В последние дни, когда она внутренне стала называть себя его женой, донимало ее предощущение беды. Кроме пляшущих мелочей, которые она видела боковым зрением постоянно, успокаивая себя тем, что это не сумасшествие, просто, по слепости ее, все невидимое дополняется на сетчатке изображениями прочитанного, — кроме пляшущих мелочей, были и другие явления. Однажды, взглянув из передней в дверной проем комнаты, она увидала вереницу гигантских уток, которые, переваливаясь, пересекали освещенный участок крашеного пола. Лапы их были очень толсты, а сами птицы похожи на кургузых старух, перемещающихся на полусогнутых ногах, вроде актрисы Немоляевой в спектакле “Кавказский меловой круг”, который шел когда-то в театре Маяковского. У нее зарождались дурные предчувствия, и она говорила себе: “Как сейчас хорошо и какой катастрофой все это кончится!”.
52
В течение нескольких суток у него тупо болела башка и распухшие верхние веки нависали над зрачками. Болячки обметали губы. Глаза его вдруг как-то потеряли чувствительность, и он смотрел на лист ватмана, исполосованный лекальными кривыми, и не мог сосредоточиться, а все как будто усмехался — такая только осталась у него реакция. Его заботило, что на еду требуется теперь больше денег, но заработать не мог. Просто стал отказывать себе в пище, почти насильно укармливая беременную свою красавицу, от которой когда-то требовал невыполнимого постничества.

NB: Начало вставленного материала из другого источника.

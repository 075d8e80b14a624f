-- ===== src/Ratings.antt =====
-- Ratings of completed missions: src/ratings/ratings.service.ts.
mod Service
pub mod Laws
unfoldable pub use Service.*
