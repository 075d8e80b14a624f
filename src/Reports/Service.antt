-- ===== src/Reports/Service.antt =====
-- The operations of `ReportsService` (src/reports/reports.service.ts).
use gp_connect_server.Common.{ℕ, Option, none, some, String, ◌==◌, nat_eq, ◌&&◌}
use gp_connect_server.Schema.{
  Report, ReportStatus, report_status_eq, ReportTarget, report_target_eq, ReportReason,
}
use gp_connect_server.Prisma.{Prisma}
use gp_connect_server.Handler.{
  Handler, Exception, Reason, ◌>>=◌, ◌>>◌, or_throw, throw_if, find_unique, create, update_many,
  reports,
}

-- `CreateReportDto`, with the id that the new row draws.
pub record CreateReportDto : Type 0 where
  pub new_id : ℕ
  pub target_type : ReportTarget
  pub target_id : ℕ
  pub reason : ReportReason
  pub description : Option String

-- The outcomes that `ResolveReportDto` admits.
pub data Outcome : Type 0 where
  reviewed action_taken dismissed : Outcome

abbrev pub report_outcome : Outcome → ReportStatus
report_outcome Outcome.reviewed = ReportStatus.reviewed
report_outcome Outcome.action_taken = ReportStatus.action_taken
report_outcome Outcome.dismissed = ReportStatus.dismissed

pub record ResolveReportDto : Type 0 where
  pub status : Outcome
  pub resolution : Option String

abbrev pub new_report : ℕ → CreateReportDto → Report
new_report reporter_id d = record {
  id = d.new_id;
  reporter_id = reporter_id;
  target_type = d.target_type;
  target_id = d.target_id;
  reason = d.reason;
  description = d.description;
  status = ReportStatus.open_;
  resolution = none;
  reviewed_by_id = none;
  reviewed_at = none;
}

-- A missing resolution leaves the column as it is.
abbrev pub kept_or : Option String → Option String → Option String
kept_or none old = old
kept_or (some s) old = some s

abbrev pub reviewed_by : ℕ → ℕ → ResolveReportDto → Report → Report
reviewed_by now admin_id d r = record r {
  status = report_outcome d.status;
  resolution = kept_or d.resolution r.resolution;
  reviewed_by_id = some admin_id;
  reviewed_at = some now;
}

module _ {P : Prisma} where
  unfoldable pub create_report : ℕ → CreateReportDto → Handler P Report
  create_report reporter_id d = do
    throw_if (d.target_type == ReportTarget.user && d.target_id == reporter_id)
        (Exception.bad_request Reason.self_report)
    create reports (λ r. r.id == d.new_id) (new_report reporter_id d)

  unfoldable pub resolve_report : ℕ → ℕ → ℕ → ResolveReportDto → Handler P (Option Report)
  resolve_report now id admin_id d = do
    found ← find_unique reports id
    or_throw (Exception.not_found Reason.report_not_found) found
    n ←
        update_many reports (λ r. r.id == id && r.status == ReportStatus.open_)
          (reviewed_by now admin_id d)
    throw_if (n == 0) (Exception.bad_request Reason.report_resolved)
    find_unique reports id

Он устал от этой зимы, от того, что вечно ходил с мокрыми ногами, что дни были коротки и резать приходилось при электричестве. Иногда он засиживался до трех часов ночи и только блестки во взгляде, мешающие сосредоточиться, заставляли его лечь. Он устал от чередования пустых тягостных дней и наполненных болезненно-экстатическим трудом ночей. Знал, что сделает нечто грандиозное, но ежедневная пытка пребыванием в “ящике”, чувствовал он, обескровила его, хотя большущие ладони, которые он весь рабочий день держал на крышке стола, были работоспособны и неистово спешили, как только дотрагивались до инструмента. Он резал с точностью автомата, зная, что одушевление, которым создан исходный рисунок, было настоящим, и даже без сегодняшних эмоций, без примеривания руки делают все хорошо.
Он забывался неглубоким сном, а под утро, когда начинало светать, уже не спал и мысленно все надеялся на чудо: что не пойдет на работу. Стаж у него был маленький, по бюллетеню полагалась половинная плата на время нетрудоспособности. Этого он не мог себе позволить, тех девяноста рублей, которые он в общей сложности получал, и так было недостаточно.
Каждый день, высиживая в людной комнате почти девять часов, он невольно перебирал в памяти детали короткого разговора с Хубаткиным и гадал, где же он допустил оплошность, проговорился и выдал себя, по сто раз на дню представляя, что же будет двадцатого числа. Чтоб утишить гул от ламп дневного света, он прижимал ладони к ушам, с трудом вытерпливая последние полтора часа и задыхаясь от соленой слизи, забивавшей ему бронхи.
Когда выходил на улицу, от свежести сначала становилось легче, но, пройдя несколько метров, он чувствовал: весь дым страшного города, все, что выдохнула Москва из высоченных труб теплостанций и дворовых котелен, кормящихся антрацитом, заполняет его грудь сжигающей волной. “Что они со мной могут сделать? Уволить? Можно работать грузчиком”, — пытался он победить безотчетный нутряной свой ужас.
Он долго не признавался дома в своей болезни и, когда она, чувствуя его огневицу, просила своего кормильца остаться дома хоть на один день, успокаивал ее, монотонно повторяя: “Пройдет!”, и уклонялся от объятий.
Она срезала самые полнотелые листья алоэ и, выдержав их дня три в темноте, чтоб усилить действенность жизнетворного растения, приготовила лекарство, смешав горький сок с кагором и медом. Она поила его на ночь отваром бузинового цвета, и после испарины на целый час лобная боль отпускала и он чувствовал блаженную слабость. Она промокала ему марлей влагу со лба и дула на лицо, чтоб охладить жар, и ее дыхание со странным этим одуванчиковым запахом сушило чувствительную его кожу. Но утром он опять вставал и шел через мост, не принимая во внимание уговоров, и даже отталкивал ее равнодушно, но шел ради нее, повинуясь идиотскому, как он говорил себе, супружескому долгу.
И за день у него опять наболевала грудь от кашля, и шум в голове был такой, что он не слышал слов, с которыми к нему обращались. Он чувствовал, как разбухло у него горло, видя его мысленно: красное, мясистое, через которое уже не мог пробиться голос.